**THE TASK**. In the material below, find each line that contains the word "wait" and copy it.

**RECORDS**.
━━━━━━━━

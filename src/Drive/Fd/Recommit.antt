-- ===== src/Drive/Fd/Recommit.antt =====
-- The commit that follows a `Sync` with nothing written between.
use proton_utils.Base.{
  ◌+◌, ◌<◌, ◌≡◌, ap, ◌∙◌, true, false, not, ◌&&◌, List, [], ◌∷◌, ◌++◌, length, ◌==◌, size, ok,
  arith,
}
use proton_utils.Drive.XAttr.{build_revision_xattr}
use proton_utils.Drive.Fd.State.{Fd, is_write, Upload, UpdateRevisionReq, Remote}
use proton_utils.Drive.Fd.Flush.{flush-is_write, decide_commit-commits}
use proton_utils.Drive.Fd.Commit.{
  no_blocks, gather, submit_partial, complete_all, wait, send_manifest, decide_commit, flush, sync,
}
use proton_utils.Drive.Fd.Resync.{Begins, sync-Begins}

empty_manifest :
    (r : Remote) (fd : Fd) (req : UpdateRevisionReq)
    → send_manifest r fd no_blocks ≡ ok req
    → (req.block_list ≡ []) × (req.xattr.common.size ≡ 0) × (req.revision_id ≡ fd.revision_id)
unfolding send_manifest build_revision_xattr
empty_manifest r fd req e = ground arith

abbrev emptied : Fd → UpdateRevisionReq → Fd
emptied fd req = record fd {
  committed = true;
  tokens = [];
  accepted = fd.accepted ++ req ∷ [];
  invalidations = fd.invalidations + 1;
}

idle-wait :
    (r : Remote) (fd : Fd)
    → fd.cur_block ≡ []
    → fd.inflight ≡ []
    → wait r [] (submit_partial fd) ≡ fd
unfolding wait submit_partial complete_all
idle-wait r fd c i = ground arith

flush_begun :
    (r : Remote) (fd fd' : Fd) (req : UpdateRevisionReq)
    → Begins fd fd'
    → is_write fd.mode ≡ true
    → (fd.is_new && not fd.committed) ≡ true
    → send_manifest r fd' no_blocks ≡ ok req
    → flush r [] fd' ≡ (emptied fd' req, ok tt)
unfolding size gather send_manifest
flush_begun r fd fd' req b m n e =
    let idle = idle-wait r fd' b.no_partial b.no_inflight in
    let new : (fd'.is_new && not fd'.committed) ≡ true = ground arith in
    flush-is_write r [] fd' (ap is_write b.same_mode ∙ m)
    ∙ ap (λ (f : Fd). decide_commit r (not (length fd'.cur_block == 0)) f f.first_err) idle
    ∙ ap (decide_commit r (not (length fd'.cur_block == 0)) fd') b.no_error
    ∙ decide_commit-commits r (not (length fd'.cur_block == 0)) fd' (ground arith)
        (ap (λ t. gather (size t) 0 t no_blocks) b.no_tokens) e

-- `Sync` on a new file commits the blocks and starts a revision, but does not mark the descriptor
-- as committed. So if nothing is written after a `Sync` that commits, on a new file that has not
-- been committed before, the next `Flush` commits the new revision as it
-- is: with no blocks and of size 0, if the server takes it.
pub flush-sync_empty :
    (r : Remote) (order : List Upload) (fd fd' : Fd) (req : UpdateRevisionReq)
    → fd.closed ≡ false
    → is_write fd.mode ≡ true
    → (fd.is_new && not fd.committed) ≡ true
    → 0 < size (wait r order (submit_partial fd)).tokens
    → sync r order fd ≡ (fd', ok tt)
    → send_manifest r fd' no_blocks ≡ ok req
    → (flush r [] fd' ≡ (emptied fd' req, ok tt))
      × (req.revision_id ≡ fd'.revision_id)
      × (req.block_list ≡ [])
      × (req.xattr.common.size ≡ 0)
flush-sync_empty r order fd fd' req c m n p h e =
    let b = sync-Begins r order fd fd' c m p h in
    let (blocks, bytes, revision) = empty_manifest r fd' req e in
    (flush_begun r fd fd' req b m n e, revision, blocks, bytes)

━━━━━━━━

**EXERCISE RESPONSE**.
  no_blocks, gather, submit_partial, complete_all, wait, send_manifest, decide_commit, flush, sync,
idle-wait :
    → wait r [] (submit_partial fd) ≡ fd
unfolding wait submit_partial complete_all
idle-wait r fd c i = ground arith
    let idle = idle-wait r fd' b.no_partial b.no_inflight in
    → 0 < size (wait r order (submit_partial fd)).tokens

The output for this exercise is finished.